Fernando Antonio Cornejo Soto (born October 9, 1998) is a masked Mexican professional wrestler (luchador enmascarado in Spanish) best known under the ring name El Hijo de Canis Lupus. He is primarily known for working for International Wrestling Revolution Group and Pro Wrestling Noah  where he portrays a tecnico ("Good guy") wrestling character. He previously worked under the ring names The Ram and Ram el Carnero. Cornejo is a second-generation wrestler, the son of Fernando Cornejo Camarena who used the name "Golpelador" as a wrestler. His younger brother is also a wrestler, known as Dragón Bane. While he portrays the son of Canis Lupus, they are not related.

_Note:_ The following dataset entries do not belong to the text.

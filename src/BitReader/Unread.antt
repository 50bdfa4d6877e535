-- ===== src/BitReader/Unread.antt =====
-- The bits that a reader has not handed out yet.
use native.Mathlib.Nat.{pow-le-pow_right, one-le-pow, div-lt_iff_lt-mul}
use go_brrr.Prelude.{
  ℕ, suc, ◌+◌, ◌-◌, ◌*◌, ◌/◌, ◌%◌, ◌^◌, ◌≤◌, ◌<◌, ◌≡◌, refl, List, ◌++◌, length, drop, All, arith,
  true, false, sym, ap, ◌∙◌, bit_or, append_assoc, get_or, leb, some, none, drop_cons, drop-all,
  append-nil, get_or-All,
}
use go_brrr.Prelude.BitOps.{bit_and_mask, bit_or-shifted, pow-add}
use go_brrr.Prelude.BitStream.{to_bits, stream, to_bits-add, to_bits-split, field_lt}
use go_brrr.BitReader.{BitReader, bit_mask, drop_bits, take_bits, pull_byte}

unfoldable pub unread : BitReader → List ℕ
unread br = to_bits br.bit_pos br.val ++ stream (drop br.pos br.input)

-- A reader between two reads: no bits above the valid ones, and bytes for input.
pub record IsReader (br : BitReader) : Type 0 where
  pub held : br.val < 2 ^ br.bit_pos
  pub room : br.bit_pos ≤ 64
  pub inside : br.pos ≤ length br.input
  pub bytes : All (λ b. b < 256) br.input

byte_at : (br : BitReader) → IsReader br → br.pos < length br.input → get_or br.input br.pos 0 < 256
byte_at br v h = get_or-All (λ (b : ℕ). b < 256) br.input br.pos 0 v.bytes h

byte_small : (b k : ℕ) → b < 256 → k ≤ 56 → b * 2 ^ k < 2 ^ 64
byte_small b k hb hk =
    let wide : 2 ^ (k + 8) ≤ 2 ^ 64 =
      pow-le-pow_right {n = 2} (omega arith) {j = 64} (omega arith) in
    omega (arith, field_lt k 8 0 b (one-le-pow k 2 (omega arith)) hb, wide)

-- The accumulator after a byte.
with_byte :
    (br : BitReader)
    → IsReader br
    → br.bit_pos ≤ 56
    → br.pos < length br.input
    → let b = get_or br.input br.pos 0 in
      bit_or br.val (b * 2 ^ br.bit_pos % 2 ^ 64) ≡ br.val + b * 2 ^ br.bit_pos
with_byte br v h lt =
    let b = get_or br.input br.pos 0 in
    let whole : b * 2 ^ br.bit_pos % 2 ^ 64 ≡ b * 2 ^ br.bit_pos =
      omega (arith, byte_small b br.bit_pos (byte_at br v lt) h) in
    rw whole (bit_or-shifted br.bit_pos br.val b v.held)

-- One byte more in the accumulator is the same stream.
pub pull_byte-unread :
    (br : BitReader)
    → IsReader br
    → br.bit_pos ≤ 56
    → br.pos < length br.input
    → (br' : BitReader) × (pull_byte br ≡ some br')
      × IsReader br'
      × (unread br' ≡ unread br)
      × (br'.bit_pos ≡ br.bit_pos + 8)
      × (br'.input ≡ br.input)
unfolding pull_byte unread stream
pull_byte-unread br v h lt =
    let b = get_or br.input br.pos 0 in
    (
      record {
        input = br.input;
        pos = br.pos + 1;
        val = br.val + b * 2 ^ br.bit_pos;
        bit_pos = br.bit_pos + 8;
      },
      rw (more, with_byte br v h lt) refl,
      record {
        held = field_lt br.bit_pos 8 br.val b v.held (byte_at br v lt);
        room = omega arith;
        inside = omega arith;
        bytes = v.bytes;
      },
      same,
      refl,
      refl,
    )
  where
    more : leb (length br.input) br.pos ≡ false
    more = ground arith

    same :
        to_bits (br.bit_pos + 8) (br.val + get_or br.input br.pos 0 * 2 ^ br.bit_pos)
          ++ stream (drop (br.pos + 1) br.input)
        ≡ to_bits br.bit_pos br.val ++ stream (drop br.pos br.input)
    same =
        let next : br.pos + 1 ≡ suc br.pos = omega arith in
        rw
          (
            next,
            drop_cons br.input br.pos 0 lt,
            to_bits-add br.bit_pos 8 br.val (get_or br.input br.pos 0) v.held,
          )
          (append_assoc (to_bits br.bit_pos br.val) _ _)

-- At the end of the input there is no byte, and fewer bits than asked for.
pub pull_byte-end :
    (br : BitReader)
    → IsReader br
    → length br.input ≤ br.pos
    → (pull_byte br ≡ none) × (unread br ≡ to_bits br.bit_pos br.val)
unfolding pull_byte unread stream
pull_byte-end br v h =
    let over : leb (length br.input) br.pos ≡ true = ground arith in
    (rw over refl, rw (drop-all br.input br.pos h) (append-nil _))

-- n bits of the accumulator are the first n of the stream.
pub take_bits-unread :
    (n : ℕ) (br : BitReader)
    → IsReader br
    → n ≤ br.bit_pos
    → n < 64
    → let (x, br') = take_bits n br in
      (x < 2 ^ n) × (unread br ≡ to_bits n x ++ unread br') × IsReader br' × (br'.input ≡ br.input)
unfolding take_bits unread drop_bits bit_mask
take_bits-unread n br v h lt =
    let small : n % 64 ≡ n = omega arith in
    let left : (br.bit_pos + 2 ^ 64 - n) % 2 ^ 64 ≡ br.bit_pos - n = omega (arith, v.room) in
    let split : br.bit_pos ≡ n + (br.bit_pos - n) = omega arith in
    rw (small, left, bit_and_mask n br.val)
      (
        omega (arith, one-le-pow n 2),
        rw (to_bits-split n br.bit_pos br.val h) (
            append_assoc (to_bits n (br.val % 2 ^ n)) (to_bits (br.bit_pos - n) (br.val / 2 ^ n))
              _),
        record { held = shorter; room = omega (arith, v.room); inside = v.inside; bytes = v.bytes },
        refl,
      )
  where
    shorter : br.val / 2 ^ n < 2 ^ (br.bit_pos - n)
    shorter =
        let whole : 2 ^ (br.bit_pos - n) * 2 ^ n ≡ 2 ^ br.bit_pos =
          sym (pow-add (br.bit_pos - n) n) ∙ ap (λ (k : ℕ). 2 ^ k) (omega arith) in
        (div-lt_iff_lt-mul (one-le-pow n 2 (omega arith))).1 (omega (arith, whole, v.held))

As El Hijo de Canis Lupus, Cornejo has won the IWRG Intercontinental Heavyweight Championship, IWRG Junior de Juniors Championship, IWRG Rey del Ring, and is currently one-half of the IWRG Intercontinental Tag Team Championship (with Rey Leon). He teamed up with Trauma I for the 2018 El Protector tournament where they lost in the finals. He previously held the Mexico State Middleweight Championship while working as Ram el Carnero.

Personal life
Fernando Antonio Cornejo Soto was born on October 9, 1998, son of Fernando Cornejo Camarena, a professional wrestler known under the ring name "El Golpeador" ("Striker"). His younger brother is also a professional wrestler, working as the enmascarado (masked wrestler) Dragón Bane. Dragón Bane's given name is not a matter of common knowledge, as he has not been unmasked via a Lucha de Apuestas ("bet match), which is a strictly adhered to tradition in lucha libre.

Championships and accomplishments
International Wrestling Revolution Group

IWRG Intercontinental Heavyweight Championship (1 time)
IWRG Intercontinental Tag Team Championship (1 time, current) – with Rey Leon
IWRG Junior de Juniors Championship (1 time)
IWRG Rey del Ring (1 time)
Mexican independent circuit
Mexico State Middleweight Championship (1 time)
Pro Wrestling Illustrated
Ranked No. 406 of the top 500 singles wrestlers in the PWI 500 in 2021

Luchas de Apuestas record

Footnotes

References

1998 births
Living people
Masked wrestlers
Mexican male professional wrestlers
People from Pachuca
Professional wrestlers from Hidalgo (state)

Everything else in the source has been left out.